Stored data:
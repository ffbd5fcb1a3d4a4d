-- ===== src/Bubblegum.antt =====
-- The Bubblegum transformer (program_transformers/src/bubblegum): the events that it is given, the
-- upserts of db.rs, the change log, and one handler for each kind of instruction.
pub mod Event
pub mod Instruction
pub mod ChangeLog
pub mod Writes
pub mod Upserts
pub mod Handlers
pub mod Metadata
pub mod Dispatch
pub mod Effects
pub mod Convergence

WORK TO COMPLETE:
The lines above that hold "Bubblegum" are the result; show every one of them.

WRITTEN SOLUTION:
-- ===== src/Bubblegum.antt =====
-- The Bubblegum transformer (program_transformers/src/bubblegum): the events that it is given, the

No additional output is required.